[[ Dataset entries open ]]
module _ {P : Type 0} (compile_one : Predicate → ExecutionBranch P → Instruction P)
    (counts : Predicate → Bool) where
  -- What placing some nodes comes to: their space is used up, no other address is touched, and they
  -- stand where they should.
  abbrev pub Compiled : AstNodes P → ℕ → Compiler P → Compiler P → Type 0
  Compiled nodes position c c' =
      (c'.free_space_start ≡ c.free_space_start + below nodes)
      × (length c'.instructions ≡ length c.instructions)
      × ((i : ℕ)
          → (Within position c.free_space_start nodes i → ⊥)
          → get_elem? c'.instructions i ≡ get_elem? c.instructions i)
      × Placed compile_one (get_elem? c'.instructions) position c.free_space_start nodes

  abbrev pub Compiles : AstNodes P → Type 0
  Compiles nodes =
      (position : ℕ) (c : Compiler P)
      → position + length_nodes nodes ≤ c.free_space_start
      → c.free_space_start + below nodes ≤ length c.instructions
      → (c' : Compiler P) × (compile_in compile_one counts nodes position c ≡ ok c')
        × Compiled nodes position c c'

  -- The same for the nodes below a node: they get the free space.
  abbrev pub CompiledBelow : AstNodes P → Compiler P → Compiler P → Type 0
  CompiledBelow nodes c c' =
      (c'.free_space_start ≡ c.free_space_start + count_nodes nodes)
      × (length c'.instructions ≡ length c.instructions)
      × ((i : ℕ)
          → (i < c.free_space_start) ⊎ (c.free_space_start + count_nodes nodes ≤ i)
          → get_elem? c'.instructions i ≡ get_elem? c.instructions i)
      × Placed compile_one (get_elem? c'.instructions) c.free_space_start
          (c.free_space_start + length_nodes nodes) nodes

  compile_descendants-Compiled :
      (nodes : AstNodes P) (c : Compiler P)
      → Compiles nodes
      → c.free_space_start + count_nodes nodes ≤ length c.instructions
      → (c' : Compiler P) × (compile_descendants compile_one counts nodes
            (compile_in compile_one counts nodes)
            c
          ≡ ok (c', range_of nodes c.free_space_start))
        × CompiledBelow nodes c c'
  unfolding ◌>>=◌ count_nodes Placed
  compile_descendants-Compiled no_nodes c h fits = (c, refl, (omega arith, refl, λ i w. refl, tt))
  compile_descendants-Compiled (node_and n nodes) c h fits =
      let le = length_nodes-le (node_and n nodes) in
      let c₁ : Compiler P = record c {
        free_space_start = c.free_space_start + length_nodes (node_and n nodes);
      } in
      let (c', e, (free, len, same, placed)) =
        h c.free_space_start c₁ (omega arith) (omega (arith, le, fits)) in
      (
        c',
        rw (reserve-fits (length_nodes (node_and n nodes)) c (omega (arith, le, fits)), e) refl,
        (
          omega (arith, free, le),
          len,
          λ i w. same i (λ within. ground (arith, w, within, le)),
          placed,
        ),
      )

  compile_in-step :
      (p : Predicate) (children descendants : AstNodes P) (l : List P) (nodes : AstNodes P)
      (position : ℕ) (c : Compiler P) {c₁ c₂ c' : Compiler P} {r₁ r₂ : Option Range}
      {slots : Slots P}
      → compile_descendants compile_one counts children (compile_in compile_one counts children) c
        ≡ ok (c₁, r₁)
      → compile_descendants compile_one counts descendants
          (compile_in compile_one counts descendants)
          c₁
        ≡ ok (c₂, r₂)
      → set_instruction position
          (compile_one p (record { matched_payload = l; jumps = r₁; hereditary_jumps = r₂ }))
          c₂.instructions
        ≡ some slots
      → compile_in compile_one counts nodes (position + 1) (record c₂ {
        instructions = slots;
        enable_nth_of_type = c₂.enable_nth_of_type || counts p;
      })
        ≡ ok c'
      → compile_in compile_one counts
          (node_and (ast_node p children descendants l) nodes)
          position
          c
        ≡ ok c'
  unfolding compile_in ◌>>=◌
  compile_in-step p children descendants l nodes position c e₁ e₂ e₃ e₄ = rw (e₁, e₂, e₃) e₄

  apart :
      (position free f₁ f₂ ln cn cc cd i : ℕ)
      → (((position ≤ i) × (i < position + suc ln))
            ⊎ ((free ≤ i) × (i < free + (suc (cc + cd) + cn - suc ln)))
          → ⊥)
      → ln ≤ cn
      → position + suc ln ≤ free
      → f₁ ≡ free + cc
      → f₂ ≡ f₁ + cd
      → (((position + 1 ≤ i) × (i < position + 1 + ln)) ⊎ ((f₂ ≤ i) × (i < f₂ + (cn - ln))) → ⊥)
        × ((i < position) ⊎ (position < i))
        × ((i < f₁) ⊎ (f₁ + cd ≤ i))
        × ((i < free) ⊎ (free + cc ≤ i))
  apart position free f₁ f₂ ln cn cc cd i w le fits q₁ q₂ = elim (Bool-cases (ltb i position)) [
    | inl t ↦
        let lt = ltb→lt i position t in
        (
          λ v. elim v [ inl (a, b) ↦ absurd (omega arith) | inr (a, b) ↦ absurd (omega arith) ],
          inl lt,
          inl (omega arith),
          inl (omega arith),
        )
    | inr f ↦
        let ge = ltb→le i position f in
        elim (Bool-cases (ltb i free)) [
          | inl t ↦
              let lt = ltb→lt i free t in
              let above = le_of_not (position + suc ln) i (λ b. w (inl (ge, b))) in
              (
                λ v. elim v [
                  | inl (a, b) ↦ absurd (omega arith)
                  | inr (a, b) ↦ absurd (omega arith)
                ],
                inr (omega arith),
                inl (omega arith),
                inl lt,
              )
          | inr f' ↦
              let ge' = ltb→le i free f' in
              let above =
                le_of_not (free + (suc (cc + cd) + cn - suc ln)) i (λ b. w (inr (ge', b))) in
              (
                λ v. elim v [
                  | inl (a, b) ↦ absurd (omega arith)
                  | inr (a, b) ↦ absurd (omega arith)
                ],
                inr (omega arith),
                inr (omega arith),
                inr (omega arith),
              )
        ]
  ]

  Within-of_bounds :
      (free : ℕ) (nodes : AstNodes P) (i : ℕ)
      → Within free (free + length_nodes nodes) nodes i
      → (free ≤ i) × (i < free + count_nodes nodes)
  Within-of_bounds free nodes i (inl (a, b)) = let le = length_nodes-le nodes in (a, omega arith)
  Within-of_bounds free nodes i (inr (a, b)) =
      let le = length_nodes-le nodes in (omega arith, omega (arith, b, le))

  not_later :
      (position f : ℕ) (nodes : AstNodes P)
      → position < f
      → Within (position + 1) f nodes position
      → ⊥
  not_later position f nodes lt (inl (a, b)) = absurd (omega arith)
  not_later position f nodes lt (inr (a, b)) = absurd (omega arith)

  not_free :
      (position f : ℕ) (nodes : AstNodes P) (i : ℕ)
      → i < f
      → position + 1 + length_nodes nodes ≤ i
      → Within (position + 1) f nodes i
      → ⊥
  not_free position f nodes i lt le (inl (a, b)) = absurd (omega arith)
  not_free position f nodes i lt le (inr (a, b)) = absurd (omega arith)

  -- What stands at the addresses after each step, put together.
  place_all :
      (p : Predicate) (children descendants : AstNodes P) (l : List P) (nodes : AstNodes P)
      (position free f₁ f₂ : ℕ) (g g₁ g₂ g₃ g' : ℕ → Option (Option (Instruction P)))
      → position + suc (length_nodes nodes) ≤ free
      → f₁ ≡ free + count_nodes children
      → f₂ ≡ f₁ + count_nodes descendants
      → ((i : ℕ) → (i < free) ⊎ (free + count_nodes children ≤ i) → g₁ i ≡ g i)
      → Placed compile_one g₁ free (free + length_nodes children) children
      → ((i : ℕ) → (i < f₁) ⊎ (f₁ + count_nodes descendants ≤ i) → g₂ i ≡ g₁ i)
      → Placed compile_one g₂ f₁ (f₁ + length_nodes descendants) descendants
      → g₃ position
        ≡ some (
            some (
              compile_one p (record {
                matched_payload = l;
                jumps = range_of children free;
                hereditary_jumps = range_of descendants f₁;
              })))
      → ((i : ℕ) → (i < position) ⊎ (position < i) → g₃ i ≡ g₂ i)
      → ((i : ℕ) → (Within (position + 1) f₂ nodes i → ⊥) → g' i ≡ g₃ i)
      → Placed compile_one g' (position + 1) f₂ nodes
      → ((i : ℕ)
          → (Within position free (node_and (ast_node p children descendants l) nodes) i → ⊥)
          → g' i ≡ g i)
        × Placed compile_one g' position free (node_and (ast_node p children descendants l) nodes)
  unfolding Placed count_nodes
  place_all p children descendants l nodes position free f₁ f₂ g g₁ g₂ g₃ g' fits q₁ q₂ same₁
        placed₁ same₂ placed₂ here same₃ same₄ placed₄ =
      let lc = length_nodes-le children in
      let ld = length_nodes-le descendants in
      let ln = length_nodes-le nodes in
      let e₁ : free + count_nodes children ≡ f₁ = omega (arith, q₁) in
      let e₂ : f₁ + count_nodes descendants ≡ f₂ = omega (arith, q₂) in
      (
        λ i w.
            let (v, a, b, c) =
              apart position free f₁ f₂ (length_nodes nodes) (count_nodes nodes)
                (count_nodes children) (count_nodes descendants) i w ln fits q₁ q₂ in
            same₄ i v ∙ same₃ i a ∙ same₂ i b ∙ same₁ i c,
        rw (e₁, e₂)
            (
              same₄ position (not_later position f₂ nodes (omega (arith, fits, q₁, q₂))) ∙ here,
              Placed-same compile_one g₁ g' free (free + length_nodes children) children
                  (λ i w.
                    let (lo, hi) = Within-of_bounds free children i w in
                    same₄ i (
                      not_free position f₂ nodes i (omega (arith, hi, q₁, q₂))
                        (omega (arith, lo, fits)))
                    ∙ same₃ i (inr (omega (arith, lo, fits)))
                    ∙ same₂ i (inl (omega (arith, hi, q₁))))
                  placed₁,
              Placed-same compile_one g₂ g' f₁ (f₁ + length_nodes descendants) descendants
                  (λ i w.
                    let (lo, hi) = Within-of_bounds f₁ descendants i w in
                    same₄ i (
                      not_free position f₂ nodes i (omega (arith, hi, q₂))
                        (omega (arith, lo, fits, q₁)))
                    ∙ same₃ i (inr (omega (arith, lo, fits, q₁))))
                  placed₂,
              placed₄,
            ),
      )

  -- The node's own instruction and the nodes after it, where those below it stand.
  compile_in-after :
      (p : Predicate) (children descendants : AstNodes P) (l : List P) (nodes : AstNodes P)
      (position : ℕ) (c c₁ c₂ : Compiler P)
      → Compiles nodes
      → position + suc (length_nodes nodes) ≤ c.free_space_start
      → c.free_space_start + below (node_and (ast_node p children descendants l) nodes)
        ≤ length c.instructions
      → compile_descendants compile_one counts children (compile_in compile_one counts children) c
        ≡ ok (c₁, range_of children c.free_space_start)
      → CompiledBelow children c c₁
      → compile_descendants compile_one counts descendants
          (compile_in compile_one counts descendants)
          c₁
        ≡ ok (c₂, range_of descendants c₁.free_space_start)
      → CompiledBelow descendants c₁ c₂
      → (c' : Compiler P) × (compile_in compile_one counts
            (node_and (ast_node p children descendants l) nodes)
            position
            c
          ≡ ok c')
        × Compiled (node_and (ast_node p children descendants l) nodes) position c c'
  unfolding count_nodes Placed
  compile_in-after p children descendants l nodes position c c₁ c₂ h fits room e₁
        (free₁, len₁, same₁, placed₁) e₂ (free₂, len₂, same₂, placed₂) =
      let lc = length_nodes-le children in
      let ld = length_nodes-le descendants in
      let ln = length_nodes-le nodes in
      let (slots, e₃, len₃, here, same₃) =
        set_instruction-get position
          (compile_one p (record {
            matched_payload = l;
            jumps = range_of children c.free_space_start;
            hereditary_jumps = range_of descendants c₁.free_space_start;
          }))
          c₂.instructions (omega (arith, ln, fits, room, len₁, len₂)) in
      let (c', e₄, (free₄, len₄, same₄, placed₄)) =
        h (position + 1)
          (record c₂ {
            instructions = slots;
            enable_nth_of_type = c₂.enable_nth_of_type || counts p;
          })
          (omega (arith, lc, ld, ln, fits, free₁, free₂))
          (omega (arith, lc, ld, ln, fits, room, free₁, len₁, free₂, len₂, len₃)) in
      let outcome =
        place_all p children descendants l nodes position c.free_space_start c₁.free_space_start
          c₂.free_space_start (get_elem? c.instructions) (get_elem? c₁.instructions)
          (get_elem? c₂.instructions) (get_elem? slots) (get_elem? c'.instructions) fits free₁ free₂
          same₁ placed₁ same₂ placed₂ here same₃ same₄ placed₄ in
      (
        c',
        compile_in-step p children descendants l nodes position c e₁ e₂ e₃ e₄,
        (
          omega (arith, lc, ld, ln, free₁, free₂, free₄),
          omega (arith, len₁, len₂, len₃, len₄),
          outcome.0,
          outcome.1,
        ),
      )

  -- Every list of nodes compiles, where its addresses and the space below it are there.
  pub compile_in-Compiled : (nodes : AstNodes P) → Compiles nodes
  unfolding compile_in count_nodes Placed
  compile_in-Compiled no_nodes position c fits room =
      (c, refl, (omega arith, refl, λ i w. refl, tt))
  compile_in-Compiled (node_and (ast_node p children descendants l) nodes) position c fits room =
      let lc = length_nodes-le children in
      let ld = length_nodes-le descendants in
      let ln = length_nodes-le nodes in
      let (c₁, e₁, (free₁, len₁, same₁, placed₁)) =
        compile_descendants-Compiled children c (compile_in-Compiled children)
          (omega (arith, lc, ld, ln, fits, room)) in
      let (c₂, e₂, b₂) =
        compile_descendants-Compiled descendants c₁ (compile_in-Compiled descendants)
          (omega (arith, lc, ld, ln, fits, room, free₁, len₁)) in
      compile_in-after p children descendants l nodes position c c₁ c₂ (compile_in-Compiled nodes)
        fits room e₁ (free₁, len₁, same₁, placed₁) e₂ b₂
[[ Dataset entries closed ]]
Try it> At the first line of the material above, start reproducing each line exactly, and end with the line that holds "(c'.free_space_start ≡ c.free_space_start + below", adding nothing.

Task solution>
module _ {P : Type 0} (compile_one : Predicate → ExecutionBranch P → Instruction P)
    (counts : Predicate → Bool) where
  -- What placing some nodes comes to: their space is used up, no other address is touched, and they
  -- stand where they should.
  abbrev pub Compiled : AstNodes P → ℕ → Compiler P → Compiler P → Type 0
  Compiled nodes position c c' =
      (c'.free_space_start ≡ c.free_space_start + below nodes)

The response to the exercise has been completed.